I always enjoy books by Charlotte Mary Yonge, and this was no exception. Countess Kate is one of her books written for younger readers but lovely enough to be enjoyed by adults. It's about a young orphan who suddenly finds herself a countess and moves into the house of some elderly aunts. It reminds me of Yonge's Two Sides of the Shield in that the main character has some flaws and needs to mature (and learn to trust God). It's not one of Yonge's best, not-to-be-missed books, but it's a sweet book that many people will enjoy reading.
This Victorian children's story is, unsurprisingly, rather Victorian. Cousin Kate turns out to be Countess Kate and so gets sent off to London to learn how to be one. It's not the most happy of experiences - for either Kate or her aunt. It's quite a short story which helps not drag out some of the less fun aspects of the novel, but it was mostly ok. Having read this I am actually more interested in Charlotte Yonge and I am actually curious about some of her other works so I would read more if I come across it. The version I read was illustrated by Gwen Raverat.
When Kate learns she is to be a Countess, she has bright dreams about what that will mean.
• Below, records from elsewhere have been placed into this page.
-- ===== src/TlsTransmit.antt =====
-- 722device/server/tls_transmit.c: eight queues of messages, one for each priority, and the thread
-- that sends them. With it `tls_server_release_buff` of tls_work.c, which the thread calls.
--
-- The calls of tls_lock are left out of the functions; what runs under which lock, and what may run
-- between, is modelled in TlsTransmit.Threads.
pub mod Drain
pub mod Poll
pub mod Push
pub mod Threads
pub mod Wakeup
pub mod Steps
mod Tests
use ai_coding_for_business.Common.{
  put, ℕ, zero, suc, ◌+◌, ◌-◌, ◌%◌, ◌^◌, Bool, true, false, ◌||◌, not, Option, none, some, List, [],
  ◌∷◌, ◌++◌, ◌==◌, ltb, if◌then◌else◌, TlsResult, s_ok, s_continue, e_invalid_param, e_invalid_data,
  e_notready,
}
use ai_coding_for_business.TlsBuff.{Buff, BuffQueue, release}
use ai_coding_for_business.TlsBuff.Memory.{null}
use ai_coding_for_business.State.{Transmit, Server, pri_7, type_tx, type_rx, udp, vsoa}

-- `QUEUE_EMPTY` and `QUEUE_NOT_EMPTY`. `QUEUE_ERROR` is returned for null arguments only.
pub data QueueState : Type 0 where
  queue_empty queue_not_empty : QueueState

-- `tls_transmit_start` of a transmitter and a server that are not null.
pub start : Transmit → TlsResult × Transmit
start t =
    if t.start
    then (s_continue, t)
    else (s_ok, record t { start = true; queues = λ _. []; run = true })

-- `tls_transmit_stop`: the thread is told to leave its loop. The queues are left as they are.
pub stop : Transmit → TlsResult × Transmit
stop t =
    if t.start
    then (s_ok, record t { start = false; run = false; evt_loop = true; current = none })
    else (s_continue, t)

-- `tls_transmit_active` and `tls_transmit_deactive`.
abbrev pub active : Transmit → Transmit
active t = record t { evt_loop = true }

abbrev pub deactive : Transmit → Transmit
deactive t = record t { evt_loop = false }

-- `tls_list_insert_tail` on the queue of a priority.
abbrev pub insert : Transmit → ℕ → Buff → Transmit
insert t p b = record t { queues = put t.queues p (t.queues p ++ b ∷ []) }

-- `tls_transmit_update_transmit_queue`.
pub update_transmit_queue : Transmit → ℕ → Transmit
update_transmit_queue t priority = if ltb pri_7 priority then t else elim t.current [
  | none ↦ record t { current = some priority }
  | some queue ↦ if ltb queue priority then record t { current = some priority } else t
]

-- `tls_transmit_push`. A null buffer is `none`.
pub push : Transmit → Option Buff → TlsResult × Transmit
unfolding update_transmit_queue
push t none = (e_invalid_param, t)
push t (some buff) =
    if (buff.buf == null) || (buff.size == 0) || ltb pri_7 buff.priority
    then (e_invalid_data, t)
    else if not t.start
    then (e_notready, t)
    else (s_ok, active (update_transmit_queue (insert t buff.priority buff) buff.priority))

-- `tls_buff_queue_release` to the pool of a priority.
abbrev pub release_to : Server → ℕ → Buff → Server
release_to s p b = record s {
  transmit_pool = put s.transmit_pool p (release (s.transmit_pool p) b);
}

-- `tls_server_release_buff` of a server and a buffer that are not null.
pub release_buff : Server → Buff → Server
release_buff s buff =
    if buff.type == type_tx
    then release_to s (if ltb pri_7 buff.priority then 0 else buff.priority) buff
    else if buff.type == type_rx
    then record s { recv_pool = release s.recv_pool buff }
    else s

-- The middle of `tls_transmit_handle`: a buffer in mode UDP goes to the socket, which takes it or
-- not; what it takes is counted. A buffer in mode VSOA goes nowhere: that call is compiled out.
pub xmit : Server → Buff → Bool → Server
xmit s buff accepted =
    if buff.transmode == udp
    then record s {
      wire = s.wire ++ buff ∷ [];
      tx_output = if accepted then (s.tx_output + buff.size) % 2 ^ 64 else s.tx_output;
    }
    else s

-- `tls_list_empty` of a queue, as the result of `tls_transmit_handle`.
abbrev pub queue_state : List Buff → QueueState
queue_state [] = queue_empty
queue_state (b ∷ bs) = queue_not_empty

-- The server after `tls_list_remove_head` has left `bs` in the queue of priority `k`.
abbrev pub taken : Server → ℕ → List Buff → Server
taken s k bs = record s { transmit = record s.transmit { queues = put s.transmit.queues k bs } }

-- `tls_transmit_handle` on the queue of priority `k`, for the socket's answer.
pub handle : Server → ℕ → Bool → QueueState × Server
handle s k accepted = elim (s.transmit.queues k) [
  | [] ↦ (queue_empty, s)
  | b ∷ bs ↦ (queue_state bs, release_buff (xmit (taken s k bs) b accepted) b)
]

-- The end of `tls_transmit_thread_poll`: from an empty queue the thread goes on to the next lower
-- priority, and from the lowest it goes to sleep.
abbrev pub lower : Transmit → ℕ → QueueState → Transmit
lower t k queue_not_empty = t
lower t zero queue_empty = deactive t
lower t (suc k) queue_empty = record t { current = some k }

-- `if (NULL == transmit->queue_transmit_)` at the start of the poll.
abbrev pub current_or_top : Transmit → ℕ
current_or_top t = elim t.current [ none ↦ pri_7 | some k ↦ k ]

-- `tls_transmit_thread_poll`.
pub thread_poll : Server → Bool → Server
unfolding handle
thread_poll s accepted =
    let k = current_or_top s.transmit in
    let s0 = record s { transmit = record s.transmit { current = some k } } in
    let (ret, s1) = handle s0 k accepted in record s1 { transmit = lower s1.transmit k ret }

-- The loop of `tls_transmit_thread_work`, on fuel: it ends (`some`) where the thread waits for its event
-- or leaves the loop, and `none` says that the fuel ran out before. `net i` is the socket's answer
-- in the round with `i` rounds left.
pub thread_work : ℕ → (ℕ → Bool) → Server → Option Server
unfolding thread_poll
thread_work zero net s = none
thread_work (suc i) net s =
    let rest = thread_work i net (thread_poll s (net i)) in
    if not s.transmit.run then some s else if not s.transmit.evt_loop then some s else rest

-- The loops of `tls_transmit_release_buff`: the buffers of one queue go to the pools of their own
-- priorities, then those of the next queue.
release_list : Server → List Buff → Server
release_list s [] = s
release_list s (b ∷ bs) = release_list (release_to s b.priority b) bs

release_queues : (rounds index : ℕ) → Server → Server
release_queues zero index s = s
release_queues (suc n) index s =
    let emptied = record s {
      transmit = record s.transmit { queues = put s.transmit.queues index [] };
    } in
    release_queues n (index + 1) (release_list emptied (s.transmit.queues index))

pub transmit_release_buff : Server → Server
unfolding release_queues release_list
transmit_release_buff s = release_queues 8 0 s
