-- ===== src/TlsServer.antt =====
-- 722device/server/tls_work.c and tls_receive.c: the server's buffers, the messages that it sends, and
-- what it does with the messages that come in.
--
-- The frames are those of tls_protocol.h, packed structures of fixed offsets: the head has 8 bytes,
-- the content that follows it 45, and then comes the payload. The counters of tls_statis.c are left
-- out: the server's `tls_statis_` is null, and the receiving thread counts in the unused end of the
-- array `local_ip_`.
pub mod Publish
pub mod Receive
pub mod Buffers
pub mod Fill
pub mod Message
pub mod Deliver
pub mod Invariant
pub mod Running
pub mod Lifecycle
mod Tests
use ai_coding_for_business.Common.{
  put, ℕ, ◌+◌, ◌*◌, ◌%◌, ◌^◌, Bool, true, false, ◌||◌, not, Option, none, some, List, [], ◌∷◌, ◌++◌,
  ◌==◌, ltb, leb, if◌then◌else◌, length, write, be16, be32, TlsResult, s_ok, e_invalid_param,
  e_invalid_data, e_allocate,
}
use ai_coding_for_business.TlsBuff.{Buff, BuffQueue, acquire, create}
use ai_coding_for_business.TlsBuff.Memory.{Mem}
use ai_coding_for_business.State.{Param, Server, pri_7, type_tx, type_rx}
use ai_coding_for_business.TlsTransmit.{push}

-- `TLS_BUFF_SIZE`, the message types of tls_protocol.h that are used, and the sizes of the packed
-- structures `tls_message_head_t`, `tls_message_content_t` and `tls_register_request_t`.
abbrev pub tls_buff_size : ℕ
tls_buff_size = 2048

abbrev pub register_request : ℕ
register_request = 17

abbrev pub register_response : ℕ
register_response = 18

abbrev pub send_message : ℕ
send_message = 65

abbrev pub recv_message : ℕ
recv_message = 66

abbrev pub head_size : ℕ
head_size = 8

abbrev pub content_size : ℕ
content_size = 45

abbrev pub request_size : ℕ
request_size = 14

-- `tls_session_t`. `session_id` is the string in `tls_session_id_`, without the byte 0 that ends it.
pub record Session : Type 0 where
  pub session_id : List ℕ
  pub remote_id : ℕ
  pub remote_sub_id : ℕ
  pub priority : ℕ

-- `tls_server_active` and `tls_server_deactive`.
pub server_active : Server → Server
server_active s = if s.start then record s { evt_work_loop = true } else s

pub server_deactive : Server → Server
server_deactive s = if s.start then record s { evt_work_loop = false } else s

-- The end of the `tls_server_acquire_*` functions: a new buffer where the pool has none. `keep` puts
-- the pool back. The outcome is missing where the memory's is.
pub acquire_or_create :
    Server → BuffQueue → (Server → BuffQueue → Server) → ℕ → Option (Option Buff × Server)
acquire_or_create s pool keep type =
    let (got, pool') = acquire pool in
    elim got [
      | some b ↦ some (some b, keep s pool')
      | none ↦ elim (create tls_buff_size type s.mem) [
        | none ↦ none
        | some made ↦ some (made.0, record (keep s pool') { mem = made.1 })
      ]
    ]

-- `tls_server_acquire_send_buff` and `tls_server_acquire_recv_buff`.
pub acquire_send_buff : Server → Option (Option Buff × Server)
unfolding acquire_or_create
acquire_send_buff s =
    acquire_or_create s s.send_pool (λ t pool. record t { send_pool = pool }) type_tx

pub acquire_recv_buff : Server → Option (Option Buff × Server)
unfolding acquire_or_create
acquire_recv_buff s =
    acquire_or_create s s.recv_pool (λ t pool. record t { recv_pool = pool }) type_rx

-- `tls_server_acquire_transmit_buff`. A new buffer is given the priority; one of the pool has its own.
abbrev pub with_priority : ℕ → Option Buff → Option Buff
with_priority priority none = none
with_priority priority (some b) = some (record b { priority = priority })

pub acquire_transmit_buff : Server → ℕ → Option (Option Buff × Server)
acquire_transmit_buff s priority =
    let (got, pool) = acquire (s.transmit_pool priority) in
    if ltb pri_7 priority then some (none, s) else elim got [
      | some b ↦ some (some b, record s { transmit_pool = put s.transmit_pool priority pool })
      | none ↦ elim (create tls_buff_size type_tx s.mem) [
        | none ↦ none
        | some made ↦ some (with_priority priority made.0, record s { mem = made.1 })
      ]
    ]

-- Stores into a buffer, each a run of bytes and its offset. A store beyond the end of the storage has
-- no outcome.
pub stores : List (ℕ × List ℕ) → Buff → Option Buff
stores [] b = some b
stores (w ∷ ws) b =
    let rest = stores ws (record b { bytes = write b.bytes w.0 w.1 }) in
    if leb (w.0 + length w.1) b.buf_size then rest else none

-- The fields of `tls_message_head_t` that the code sets.
abbrev pub head_stores : (type sequence : ℕ) → List (ℕ × List ℕ)
head_stores type sequence = (0, 0 ∷ []) ∷ (1, type ∷ []) ∷ (6, be16 sequence) ∷ []

-- The fields of `tls_message_content_t` that the code sets, but the size: `strcpy` of the id, the
-- kind of transfer, source, count of destinations, destination, message type, reliability, priority
-- and timeout.
abbrev pub content_stores : Param → (id : List ℕ) → (dst_addr dst_entry : ℕ) → List (ℕ × List ℕ)
content_stores p id dst_addr dst_entry =
    (8, id ++ 0 ∷ [])
    ∷ (24, 1 ∷ [])
    ∷ (25, be32 p.local_id)
    ∷ (29, be16 p.local_sub_id)
    ∷ (31, be16 1)
    ∷ (33, be32 dst_addr)
    ∷ (37, be16 dst_entry)
    ∷ (39, be32 0)
    ∷ (43, 0 ∷ [])
    ∷ (44, 0 ∷ [])
    ∷ (49, be16 0)
    ∷ []

-- The sequence number after `server->sequence_++`.
abbrev pub next_sequence : Server → Server
next_sequence s = record s { sequence = (s.sequence + 1) % 2 ^ 16 }

-- `tls_transmit_push` on the server's transmitter.
pub push_buff : Server → Buff → TlsResult × Server
push_buff s b = let (result, t) = push s.transmit (some b) in (result, record s { transmit = t })

-- What the sending functions have in common: without a buffer they fail, and a buffer that `fill` has
-- filled is pushed.
pub fill_and_push :
    Option (Option Buff × Server)
    → (Buff → Option Buff)
    → (Server → Server)
    → Option (TlsResult × Server)
unfolding push_buff
fill_and_push none fill count = none
fill_and_push (some (none, s)) fill count = some (e_allocate, s)
fill_and_push (some (some b, s)) fill count = elim (fill b) [
  | none ↦ none
  | some b' ↦ some (push_buff (count s) b')
]

-- `memset(data_ptr, 0, buff->buf_size_)`.
abbrev pub memset_bytes : Buff → Buff
memset_bytes b = record b { bytes = λ i. if ltb i b.buf_size then 0 else b.bytes i }

abbrev pub with_size : ℕ → Buff → Buff
with_size n b = record b { size = n }

-- `tls_server_register` of a server that is not null.
pub fill_register : Server → (id subid : ℕ) → Buff → Option Buff
unfolding stores
fill_register s id subid b =
    stores
      (head_stores register_request s.sequence
        ++ (8, be32 id) ∷ (12, be16 subid) ∷ (14, be32 s.param.local_ip) ∷ [])
      (with_size (head_size + request_size) (memset_bytes b))

pub register : Server → (id subid : ℕ) → Option (TlsResult × Server)
unfolding fill_and_push acquire_transmit_buff fill_register
register s id subid =
    if not s.start
    then some (e_invalid_data, s)
    else fill_and_push (acquire_transmit_buff s pri_7) (fill_register s id subid) next_sequence

-- The body of `tls_server_transmit` between the buffer and `tls_transmit_push`.
pub fill_message : Server → Session → List ℕ → Buff → Option Buff
unfolding stores
fill_message s session payload b =
    stores
      (head_stores send_message s.sequence
        ++ content_stores s.param session.session_id session.remote_id session.remote_sub_id
        ++ (51, be16 (length payload)) ∷ (53, payload) ∷ [])
      (with_size (head_size + content_size + length payload) b)

-- `tls_server_transmit` of a server that is not null: `payload` are the `size` bytes at its argument `data`.
pub transmit : Server → Option Session → Option (List ℕ) → Option (TlsResult × Server)
unfolding fill_and_push acquire_transmit_buff fill_message
transmit s none payload = some (e_invalid_param, s)
transmit s (some session) none = some (e_invalid_param, s)
transmit s (some session) (some payload) =
    if length payload == 0
    then some (e_invalid_param, s)
    else if not s.start
    then some (e_invalid_data, s)
    else if ltb 1024 (length payload)
    then some (e_invalid_data, s)
    else fill_and_push (acquire_transmit_buff s session.priority) (fill_message s session payload)
        next_sequence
But living with a stern aunt, seems to bring out the negative side of Kate.
If you enjoy the author L T. Meade, then you will enjoy Yonge’s Countess Kate!
This book was read to me as a small child and I did enjoy reading it to my little granddaughter who also struggles with theatrical tantrums and amazing imaginings.
A spirited little orphan girl of eleven who lives with her uncle and his family in a country parsonage suddenly becomes a countess and has to go to London to be brought up like a lady by her two aunts.
Aunt Barbara frets about her charge's 'perverseness, heedlessness, ill-temper, disobedience, and rude ungainly ways', but as this is a Victorian story you can safely assume that Kate's behaviour is at worst a little boisterous. Children were supposed to sit in the corner and keep shtum back then.
Aunt Julia is kind but sickly, so the young Lady Caergwent is subjected to the stern regime of Aunt Barbara before something better comes along. Her elevation in status doesn't turn out to be a whole lot of fun:
"I wonder what is the use of being a countess, if one never is to do anything to please one's self, and one is live with a cross old aunt!"
Neither is it a whole lot of fun for the reader. I expected some My Fair Lady style pratfalls and gaucheries from clumsy Kate, not a sterile game of wits between a young girl and an inadequate guardian.
Yonge was a prolific writer. I had only read one of her novels before, set in lawless 15th century Austria called The Dove in the Eagle's Nest, which was insufferably wet and sentimental.
The conventional domesticity of the Victorian home was more her scene. Just about.
This author was quite prolific with these little stories of English life and some are actually charming. The transcription to eBook can sometimes be a strain to read as typos abound. This story is of an orphaned child, Kate, raised by a widowed uncle along with his own children when she is thrust into a life she does not understand or want at the young age of 9 to learn to become the Countess Katherine of Caergwent, instruction provided by two maiden aunts. The reader does not build very much sympathy for the girl as she is very well-read and tends to think and act in ways she has read about that gives her a snobbish affect. She is finally rescued by another uncle and aunt, Colonel and Mrs Umfraville, who return from duty in India after the death of their sons and decide to help Katherine and themselves by becoming a family.